TASK GOAL: Among the lines of the records, find all that carry the word "module" and copy them.

[EXERCISE MATERIAL — start]

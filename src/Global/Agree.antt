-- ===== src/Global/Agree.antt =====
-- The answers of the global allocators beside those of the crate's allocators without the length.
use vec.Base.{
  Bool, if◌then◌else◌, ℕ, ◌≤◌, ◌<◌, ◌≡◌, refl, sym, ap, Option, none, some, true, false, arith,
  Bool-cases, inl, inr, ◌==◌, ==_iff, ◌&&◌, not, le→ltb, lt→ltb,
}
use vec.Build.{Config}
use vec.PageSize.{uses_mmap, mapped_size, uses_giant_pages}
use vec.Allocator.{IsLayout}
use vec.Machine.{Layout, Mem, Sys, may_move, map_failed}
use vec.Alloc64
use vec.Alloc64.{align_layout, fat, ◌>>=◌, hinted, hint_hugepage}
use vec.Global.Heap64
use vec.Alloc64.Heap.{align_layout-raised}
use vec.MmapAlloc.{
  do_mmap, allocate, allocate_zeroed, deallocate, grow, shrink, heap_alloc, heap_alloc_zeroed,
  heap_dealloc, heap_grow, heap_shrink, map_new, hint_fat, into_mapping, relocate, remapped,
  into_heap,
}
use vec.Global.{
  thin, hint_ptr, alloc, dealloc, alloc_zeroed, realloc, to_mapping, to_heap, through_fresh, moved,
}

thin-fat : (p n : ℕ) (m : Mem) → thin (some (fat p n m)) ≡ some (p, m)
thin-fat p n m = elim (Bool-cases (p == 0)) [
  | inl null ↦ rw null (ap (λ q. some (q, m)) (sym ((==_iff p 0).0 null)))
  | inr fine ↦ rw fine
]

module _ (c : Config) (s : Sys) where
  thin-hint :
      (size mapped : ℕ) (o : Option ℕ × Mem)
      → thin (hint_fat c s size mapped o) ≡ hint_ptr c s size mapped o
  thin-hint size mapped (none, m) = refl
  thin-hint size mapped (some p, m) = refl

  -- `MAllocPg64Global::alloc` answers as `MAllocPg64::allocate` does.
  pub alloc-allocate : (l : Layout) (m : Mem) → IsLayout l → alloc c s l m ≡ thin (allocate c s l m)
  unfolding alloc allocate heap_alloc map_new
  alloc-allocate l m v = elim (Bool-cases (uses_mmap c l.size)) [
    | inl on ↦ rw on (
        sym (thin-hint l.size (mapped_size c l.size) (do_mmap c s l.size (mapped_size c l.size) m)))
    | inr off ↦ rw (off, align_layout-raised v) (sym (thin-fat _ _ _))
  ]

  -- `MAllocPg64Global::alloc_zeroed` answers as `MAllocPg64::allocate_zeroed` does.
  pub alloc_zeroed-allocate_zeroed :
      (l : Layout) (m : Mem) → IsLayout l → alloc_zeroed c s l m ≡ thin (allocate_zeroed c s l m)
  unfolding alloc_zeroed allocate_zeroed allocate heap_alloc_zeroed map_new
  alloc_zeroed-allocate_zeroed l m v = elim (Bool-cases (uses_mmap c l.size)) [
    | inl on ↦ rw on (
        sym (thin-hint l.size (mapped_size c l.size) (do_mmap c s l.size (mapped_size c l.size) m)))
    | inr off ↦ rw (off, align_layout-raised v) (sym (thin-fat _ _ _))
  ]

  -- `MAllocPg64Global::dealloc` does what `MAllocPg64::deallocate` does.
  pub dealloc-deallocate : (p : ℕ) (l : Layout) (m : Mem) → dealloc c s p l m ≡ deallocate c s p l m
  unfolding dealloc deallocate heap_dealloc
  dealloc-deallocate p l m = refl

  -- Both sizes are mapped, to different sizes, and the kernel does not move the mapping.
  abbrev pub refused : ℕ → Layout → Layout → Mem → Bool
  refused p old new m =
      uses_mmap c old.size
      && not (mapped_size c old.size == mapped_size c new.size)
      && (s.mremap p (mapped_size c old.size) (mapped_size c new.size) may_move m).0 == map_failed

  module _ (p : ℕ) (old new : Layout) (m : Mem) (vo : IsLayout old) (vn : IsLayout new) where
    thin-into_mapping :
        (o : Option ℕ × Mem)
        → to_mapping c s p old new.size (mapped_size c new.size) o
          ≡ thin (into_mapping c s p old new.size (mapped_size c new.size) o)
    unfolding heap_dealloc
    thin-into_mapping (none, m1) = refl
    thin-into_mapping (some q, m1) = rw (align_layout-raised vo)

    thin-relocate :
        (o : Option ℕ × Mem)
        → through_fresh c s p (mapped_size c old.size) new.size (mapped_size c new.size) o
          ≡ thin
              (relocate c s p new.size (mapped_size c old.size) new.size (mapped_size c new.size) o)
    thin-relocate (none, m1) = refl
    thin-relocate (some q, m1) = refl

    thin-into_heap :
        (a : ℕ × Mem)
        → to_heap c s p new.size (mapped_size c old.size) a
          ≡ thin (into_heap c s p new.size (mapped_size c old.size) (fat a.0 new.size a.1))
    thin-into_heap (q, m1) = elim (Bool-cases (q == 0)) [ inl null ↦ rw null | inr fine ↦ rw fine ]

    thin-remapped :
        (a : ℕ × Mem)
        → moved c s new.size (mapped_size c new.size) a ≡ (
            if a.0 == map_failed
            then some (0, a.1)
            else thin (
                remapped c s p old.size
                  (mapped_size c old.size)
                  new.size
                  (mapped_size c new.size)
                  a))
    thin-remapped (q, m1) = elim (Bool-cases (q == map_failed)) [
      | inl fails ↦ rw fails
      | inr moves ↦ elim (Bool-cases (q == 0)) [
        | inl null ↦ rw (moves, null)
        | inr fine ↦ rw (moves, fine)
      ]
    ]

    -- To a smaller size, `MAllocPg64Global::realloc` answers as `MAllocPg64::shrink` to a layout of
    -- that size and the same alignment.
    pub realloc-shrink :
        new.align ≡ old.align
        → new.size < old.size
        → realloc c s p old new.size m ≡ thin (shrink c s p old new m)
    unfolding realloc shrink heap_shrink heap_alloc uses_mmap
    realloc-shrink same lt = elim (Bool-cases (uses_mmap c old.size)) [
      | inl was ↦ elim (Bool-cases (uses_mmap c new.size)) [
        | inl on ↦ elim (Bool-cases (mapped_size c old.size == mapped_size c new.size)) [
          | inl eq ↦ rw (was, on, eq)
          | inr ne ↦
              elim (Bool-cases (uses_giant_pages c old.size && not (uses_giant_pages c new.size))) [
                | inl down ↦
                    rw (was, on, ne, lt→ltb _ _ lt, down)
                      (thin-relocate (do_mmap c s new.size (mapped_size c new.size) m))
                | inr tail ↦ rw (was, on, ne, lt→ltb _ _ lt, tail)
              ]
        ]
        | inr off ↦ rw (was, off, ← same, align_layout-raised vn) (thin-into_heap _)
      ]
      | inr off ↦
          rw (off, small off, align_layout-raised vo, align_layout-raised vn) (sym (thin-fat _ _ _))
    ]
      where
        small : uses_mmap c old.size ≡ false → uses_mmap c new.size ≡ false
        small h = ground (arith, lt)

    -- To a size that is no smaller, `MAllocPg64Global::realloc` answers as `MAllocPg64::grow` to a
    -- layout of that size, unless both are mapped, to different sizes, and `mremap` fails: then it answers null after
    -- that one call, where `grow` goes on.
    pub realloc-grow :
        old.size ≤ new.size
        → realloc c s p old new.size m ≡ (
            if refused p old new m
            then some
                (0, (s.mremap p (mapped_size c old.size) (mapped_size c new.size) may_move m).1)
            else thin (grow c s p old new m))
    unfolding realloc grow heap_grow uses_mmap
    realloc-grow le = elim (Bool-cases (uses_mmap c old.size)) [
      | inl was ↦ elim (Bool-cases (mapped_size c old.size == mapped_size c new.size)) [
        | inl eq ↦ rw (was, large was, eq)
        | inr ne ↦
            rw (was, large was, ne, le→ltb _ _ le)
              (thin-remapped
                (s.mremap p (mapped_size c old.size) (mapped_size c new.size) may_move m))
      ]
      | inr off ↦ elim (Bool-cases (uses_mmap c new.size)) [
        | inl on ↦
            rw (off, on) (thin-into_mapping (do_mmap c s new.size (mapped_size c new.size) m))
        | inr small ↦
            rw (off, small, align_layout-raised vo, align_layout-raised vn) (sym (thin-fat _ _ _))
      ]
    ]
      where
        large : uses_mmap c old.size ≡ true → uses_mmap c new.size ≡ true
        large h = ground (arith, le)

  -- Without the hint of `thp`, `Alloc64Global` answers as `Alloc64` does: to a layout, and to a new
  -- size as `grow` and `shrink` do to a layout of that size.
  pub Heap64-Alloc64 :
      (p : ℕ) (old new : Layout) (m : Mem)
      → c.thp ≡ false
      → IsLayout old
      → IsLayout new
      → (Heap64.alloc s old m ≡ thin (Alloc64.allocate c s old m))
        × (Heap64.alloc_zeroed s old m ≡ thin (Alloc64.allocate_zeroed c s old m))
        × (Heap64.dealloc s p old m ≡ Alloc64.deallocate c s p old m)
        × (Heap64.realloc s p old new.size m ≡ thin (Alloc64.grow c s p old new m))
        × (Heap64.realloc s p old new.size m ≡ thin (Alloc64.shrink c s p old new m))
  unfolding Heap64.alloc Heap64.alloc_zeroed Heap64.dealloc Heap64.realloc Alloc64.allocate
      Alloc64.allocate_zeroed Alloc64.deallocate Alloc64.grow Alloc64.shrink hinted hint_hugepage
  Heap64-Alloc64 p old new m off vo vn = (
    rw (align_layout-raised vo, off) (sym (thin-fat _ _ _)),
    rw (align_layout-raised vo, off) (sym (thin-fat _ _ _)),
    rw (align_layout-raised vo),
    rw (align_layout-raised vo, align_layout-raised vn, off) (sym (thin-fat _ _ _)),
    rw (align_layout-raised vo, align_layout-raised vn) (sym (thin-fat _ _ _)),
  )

[EXERCISE MATERIAL — finish]
[EXERCISE MATERIAL — start]

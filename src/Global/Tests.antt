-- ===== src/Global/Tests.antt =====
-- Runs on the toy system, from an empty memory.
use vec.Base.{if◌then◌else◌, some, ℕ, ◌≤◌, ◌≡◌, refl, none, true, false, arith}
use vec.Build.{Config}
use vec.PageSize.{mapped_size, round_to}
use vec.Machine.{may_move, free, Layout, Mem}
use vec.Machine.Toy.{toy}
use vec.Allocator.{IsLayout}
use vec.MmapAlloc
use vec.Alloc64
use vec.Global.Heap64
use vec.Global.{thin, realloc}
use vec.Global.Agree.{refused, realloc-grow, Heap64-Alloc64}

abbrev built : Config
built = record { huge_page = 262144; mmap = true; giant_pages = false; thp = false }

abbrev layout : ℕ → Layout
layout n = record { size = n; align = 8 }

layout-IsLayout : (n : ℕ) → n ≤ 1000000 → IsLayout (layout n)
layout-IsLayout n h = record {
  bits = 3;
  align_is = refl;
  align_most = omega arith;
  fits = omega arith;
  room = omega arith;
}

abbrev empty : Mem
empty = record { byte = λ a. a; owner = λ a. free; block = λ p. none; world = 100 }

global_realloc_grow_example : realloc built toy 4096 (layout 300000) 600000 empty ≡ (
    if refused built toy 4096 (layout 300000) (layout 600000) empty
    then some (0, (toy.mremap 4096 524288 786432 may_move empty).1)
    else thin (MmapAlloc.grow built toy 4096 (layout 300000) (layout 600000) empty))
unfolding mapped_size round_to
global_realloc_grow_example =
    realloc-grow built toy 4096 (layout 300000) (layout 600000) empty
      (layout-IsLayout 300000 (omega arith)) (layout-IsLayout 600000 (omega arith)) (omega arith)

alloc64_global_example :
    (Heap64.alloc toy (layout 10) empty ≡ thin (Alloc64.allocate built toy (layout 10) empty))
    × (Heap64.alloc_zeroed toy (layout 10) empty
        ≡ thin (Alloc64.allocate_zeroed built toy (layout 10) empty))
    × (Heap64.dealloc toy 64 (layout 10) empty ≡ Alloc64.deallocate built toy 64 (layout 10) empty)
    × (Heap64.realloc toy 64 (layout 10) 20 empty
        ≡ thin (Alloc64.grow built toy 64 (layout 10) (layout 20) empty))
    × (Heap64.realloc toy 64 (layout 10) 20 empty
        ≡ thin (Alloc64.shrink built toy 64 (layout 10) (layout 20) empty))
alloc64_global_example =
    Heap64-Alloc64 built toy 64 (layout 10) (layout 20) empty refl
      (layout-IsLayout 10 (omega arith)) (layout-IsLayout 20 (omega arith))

[EXERCISE MATERIAL — finish]

EXPECTED OUTPUT:
module _ (c : Config) (s : Sys) where
  module _ (p : ℕ) (old new : Layout) (m : Mem) (vo : IsLayout old) (vn : IsLayout new) where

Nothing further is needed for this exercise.